**EXERCISE GOAL**
From the data below, retype exactly the lines starting with the one that contains "on_reviewer_verified state job r reviewer_verified" and ending with the one that contains "abbrev pub reviewer_check", both included.

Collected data
○ ○ ○ ○ ○
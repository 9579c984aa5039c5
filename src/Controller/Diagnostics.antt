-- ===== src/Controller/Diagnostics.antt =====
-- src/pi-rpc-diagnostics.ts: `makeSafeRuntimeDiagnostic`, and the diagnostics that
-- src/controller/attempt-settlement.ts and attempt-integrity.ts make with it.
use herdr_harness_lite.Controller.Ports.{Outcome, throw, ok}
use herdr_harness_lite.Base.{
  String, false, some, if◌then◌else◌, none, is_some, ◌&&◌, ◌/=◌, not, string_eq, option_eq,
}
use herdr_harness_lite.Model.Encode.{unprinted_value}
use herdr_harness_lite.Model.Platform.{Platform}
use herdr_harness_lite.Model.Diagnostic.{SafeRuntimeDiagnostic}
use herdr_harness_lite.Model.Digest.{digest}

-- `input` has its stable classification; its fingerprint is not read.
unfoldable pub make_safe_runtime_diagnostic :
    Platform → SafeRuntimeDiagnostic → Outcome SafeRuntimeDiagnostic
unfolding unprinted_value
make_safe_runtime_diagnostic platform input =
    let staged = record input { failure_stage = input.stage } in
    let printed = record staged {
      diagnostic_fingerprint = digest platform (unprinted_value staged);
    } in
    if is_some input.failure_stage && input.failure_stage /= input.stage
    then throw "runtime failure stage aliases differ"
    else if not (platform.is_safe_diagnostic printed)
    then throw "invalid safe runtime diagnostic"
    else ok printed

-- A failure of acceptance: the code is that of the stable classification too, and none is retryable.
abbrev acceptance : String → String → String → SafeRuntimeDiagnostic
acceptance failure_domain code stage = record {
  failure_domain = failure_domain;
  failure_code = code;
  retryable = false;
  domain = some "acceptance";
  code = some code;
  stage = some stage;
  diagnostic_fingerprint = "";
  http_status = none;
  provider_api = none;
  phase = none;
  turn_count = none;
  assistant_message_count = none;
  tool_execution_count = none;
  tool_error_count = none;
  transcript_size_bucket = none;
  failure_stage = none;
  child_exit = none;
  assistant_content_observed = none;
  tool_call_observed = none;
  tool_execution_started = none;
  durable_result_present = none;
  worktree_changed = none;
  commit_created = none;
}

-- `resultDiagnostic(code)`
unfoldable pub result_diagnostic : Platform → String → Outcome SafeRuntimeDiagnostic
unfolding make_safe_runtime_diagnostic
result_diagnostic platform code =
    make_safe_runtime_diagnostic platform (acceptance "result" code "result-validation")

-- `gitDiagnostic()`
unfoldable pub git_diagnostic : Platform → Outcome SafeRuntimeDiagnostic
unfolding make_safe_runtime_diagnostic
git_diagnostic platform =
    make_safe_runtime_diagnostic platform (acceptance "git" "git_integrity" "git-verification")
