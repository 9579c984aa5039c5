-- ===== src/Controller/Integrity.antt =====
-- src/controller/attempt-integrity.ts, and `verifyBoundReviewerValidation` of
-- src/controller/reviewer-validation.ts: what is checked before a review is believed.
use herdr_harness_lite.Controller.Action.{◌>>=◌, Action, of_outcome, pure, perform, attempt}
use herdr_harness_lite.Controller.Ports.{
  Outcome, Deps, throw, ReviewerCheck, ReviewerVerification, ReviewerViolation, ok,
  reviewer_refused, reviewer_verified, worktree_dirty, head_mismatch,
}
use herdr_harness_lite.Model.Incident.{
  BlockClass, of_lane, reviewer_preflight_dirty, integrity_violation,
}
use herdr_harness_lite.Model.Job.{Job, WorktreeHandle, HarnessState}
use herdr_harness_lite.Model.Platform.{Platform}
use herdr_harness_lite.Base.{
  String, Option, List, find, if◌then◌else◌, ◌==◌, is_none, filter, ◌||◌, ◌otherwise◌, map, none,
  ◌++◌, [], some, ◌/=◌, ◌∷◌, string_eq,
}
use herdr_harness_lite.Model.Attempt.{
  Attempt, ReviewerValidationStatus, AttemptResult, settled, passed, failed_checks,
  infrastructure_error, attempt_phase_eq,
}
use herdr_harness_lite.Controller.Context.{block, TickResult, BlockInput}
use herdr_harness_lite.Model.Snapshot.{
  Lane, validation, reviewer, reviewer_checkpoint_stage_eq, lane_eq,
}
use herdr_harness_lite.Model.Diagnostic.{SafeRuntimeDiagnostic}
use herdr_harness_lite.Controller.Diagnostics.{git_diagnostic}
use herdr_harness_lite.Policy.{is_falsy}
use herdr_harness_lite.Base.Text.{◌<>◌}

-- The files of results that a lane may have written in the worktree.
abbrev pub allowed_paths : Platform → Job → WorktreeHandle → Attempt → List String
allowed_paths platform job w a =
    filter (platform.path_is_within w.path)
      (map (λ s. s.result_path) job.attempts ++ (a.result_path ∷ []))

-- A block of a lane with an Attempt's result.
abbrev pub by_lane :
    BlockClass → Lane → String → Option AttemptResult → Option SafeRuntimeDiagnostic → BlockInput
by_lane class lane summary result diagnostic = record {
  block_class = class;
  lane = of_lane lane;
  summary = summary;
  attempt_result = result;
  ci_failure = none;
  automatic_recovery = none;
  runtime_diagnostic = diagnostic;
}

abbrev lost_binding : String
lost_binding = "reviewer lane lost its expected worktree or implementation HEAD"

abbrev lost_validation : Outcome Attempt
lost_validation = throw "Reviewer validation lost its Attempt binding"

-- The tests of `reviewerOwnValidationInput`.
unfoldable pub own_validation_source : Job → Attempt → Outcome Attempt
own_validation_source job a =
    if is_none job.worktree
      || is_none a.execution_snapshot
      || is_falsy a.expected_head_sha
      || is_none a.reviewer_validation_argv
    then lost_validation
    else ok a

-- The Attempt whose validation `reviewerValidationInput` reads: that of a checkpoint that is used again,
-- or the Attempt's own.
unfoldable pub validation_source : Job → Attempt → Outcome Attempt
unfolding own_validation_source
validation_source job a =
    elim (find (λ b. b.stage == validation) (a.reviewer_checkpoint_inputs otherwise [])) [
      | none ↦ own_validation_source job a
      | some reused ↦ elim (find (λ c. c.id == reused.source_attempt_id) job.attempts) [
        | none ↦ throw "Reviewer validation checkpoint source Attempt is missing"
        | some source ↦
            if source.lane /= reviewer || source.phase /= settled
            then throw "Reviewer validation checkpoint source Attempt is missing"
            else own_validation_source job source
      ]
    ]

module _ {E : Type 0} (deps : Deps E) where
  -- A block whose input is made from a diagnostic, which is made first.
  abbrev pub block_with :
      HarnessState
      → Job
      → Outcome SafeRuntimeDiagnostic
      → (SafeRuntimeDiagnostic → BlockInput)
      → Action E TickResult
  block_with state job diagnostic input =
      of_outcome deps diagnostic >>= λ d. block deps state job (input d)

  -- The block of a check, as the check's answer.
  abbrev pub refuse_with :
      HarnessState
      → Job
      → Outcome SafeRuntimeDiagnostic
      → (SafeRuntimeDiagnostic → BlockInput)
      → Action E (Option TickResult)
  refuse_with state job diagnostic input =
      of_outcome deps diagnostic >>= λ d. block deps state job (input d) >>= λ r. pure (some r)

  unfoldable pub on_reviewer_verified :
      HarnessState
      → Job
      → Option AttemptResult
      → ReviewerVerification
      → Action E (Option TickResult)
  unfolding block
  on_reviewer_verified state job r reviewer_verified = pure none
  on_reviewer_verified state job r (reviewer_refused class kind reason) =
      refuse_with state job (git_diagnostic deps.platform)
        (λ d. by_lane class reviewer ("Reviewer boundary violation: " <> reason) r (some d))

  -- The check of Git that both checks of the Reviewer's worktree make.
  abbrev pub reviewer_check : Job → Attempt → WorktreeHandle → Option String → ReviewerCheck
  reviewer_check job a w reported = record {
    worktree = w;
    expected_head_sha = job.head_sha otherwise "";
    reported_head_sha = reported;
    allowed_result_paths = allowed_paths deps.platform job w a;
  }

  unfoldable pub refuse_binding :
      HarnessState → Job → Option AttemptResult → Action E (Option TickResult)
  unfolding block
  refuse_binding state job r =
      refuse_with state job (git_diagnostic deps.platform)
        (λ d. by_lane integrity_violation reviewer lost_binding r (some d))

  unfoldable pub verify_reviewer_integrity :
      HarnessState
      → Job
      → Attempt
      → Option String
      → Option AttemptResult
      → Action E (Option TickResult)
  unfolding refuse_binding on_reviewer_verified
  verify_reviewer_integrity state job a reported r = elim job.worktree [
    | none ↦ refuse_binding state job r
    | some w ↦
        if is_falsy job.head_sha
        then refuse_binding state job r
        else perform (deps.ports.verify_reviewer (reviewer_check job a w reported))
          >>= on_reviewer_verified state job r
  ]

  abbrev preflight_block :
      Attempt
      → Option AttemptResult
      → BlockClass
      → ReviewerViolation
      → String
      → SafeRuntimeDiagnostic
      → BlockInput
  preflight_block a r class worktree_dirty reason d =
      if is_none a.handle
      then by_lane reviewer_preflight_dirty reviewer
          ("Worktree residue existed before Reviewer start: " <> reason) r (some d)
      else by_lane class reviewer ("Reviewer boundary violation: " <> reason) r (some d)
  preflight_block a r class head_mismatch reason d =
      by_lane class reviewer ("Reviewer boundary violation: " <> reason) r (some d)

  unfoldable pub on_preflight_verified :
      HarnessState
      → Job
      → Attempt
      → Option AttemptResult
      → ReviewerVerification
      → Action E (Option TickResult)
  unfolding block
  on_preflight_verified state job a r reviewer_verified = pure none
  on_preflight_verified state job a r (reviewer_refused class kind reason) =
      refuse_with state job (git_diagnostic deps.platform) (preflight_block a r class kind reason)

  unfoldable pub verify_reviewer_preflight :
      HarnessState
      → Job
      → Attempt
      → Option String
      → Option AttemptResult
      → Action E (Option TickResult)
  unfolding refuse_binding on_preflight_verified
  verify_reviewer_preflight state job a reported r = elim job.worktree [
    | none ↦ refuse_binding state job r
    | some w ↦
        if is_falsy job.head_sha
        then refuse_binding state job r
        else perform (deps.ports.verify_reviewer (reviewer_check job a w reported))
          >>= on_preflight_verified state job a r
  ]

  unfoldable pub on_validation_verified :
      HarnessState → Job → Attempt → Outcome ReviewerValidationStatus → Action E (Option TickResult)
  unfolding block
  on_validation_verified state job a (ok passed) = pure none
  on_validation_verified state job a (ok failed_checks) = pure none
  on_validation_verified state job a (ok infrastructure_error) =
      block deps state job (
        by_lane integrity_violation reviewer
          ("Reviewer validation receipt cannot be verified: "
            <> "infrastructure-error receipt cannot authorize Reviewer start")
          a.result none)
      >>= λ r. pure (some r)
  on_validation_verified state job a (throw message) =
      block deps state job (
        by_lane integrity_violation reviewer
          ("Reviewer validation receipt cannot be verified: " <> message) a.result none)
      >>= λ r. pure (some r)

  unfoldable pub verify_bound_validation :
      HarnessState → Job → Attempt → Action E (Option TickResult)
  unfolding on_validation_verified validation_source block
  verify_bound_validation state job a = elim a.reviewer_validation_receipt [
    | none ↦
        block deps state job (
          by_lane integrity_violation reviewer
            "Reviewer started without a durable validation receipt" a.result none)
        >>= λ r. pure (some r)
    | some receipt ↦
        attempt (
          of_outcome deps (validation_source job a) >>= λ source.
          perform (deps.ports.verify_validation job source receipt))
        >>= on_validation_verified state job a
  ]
○ ○ ○ ○ ○
**SOLUTION**
  on_reviewer_verified state job r reviewer_verified = pure none
  on_reviewer_verified state job r (reviewer_refused class kind reason) =
      refuse_with state job (git_diagnostic deps.platform)
        (λ d. by_lane class reviewer ("Reviewer boundary violation: " <> reason) r (some d))

  -- The check of Git that both checks of the Reviewer's worktree make.
  abbrev pub reviewer_check : Job → Attempt → WorktreeHandle → Option String → ReviewerCheck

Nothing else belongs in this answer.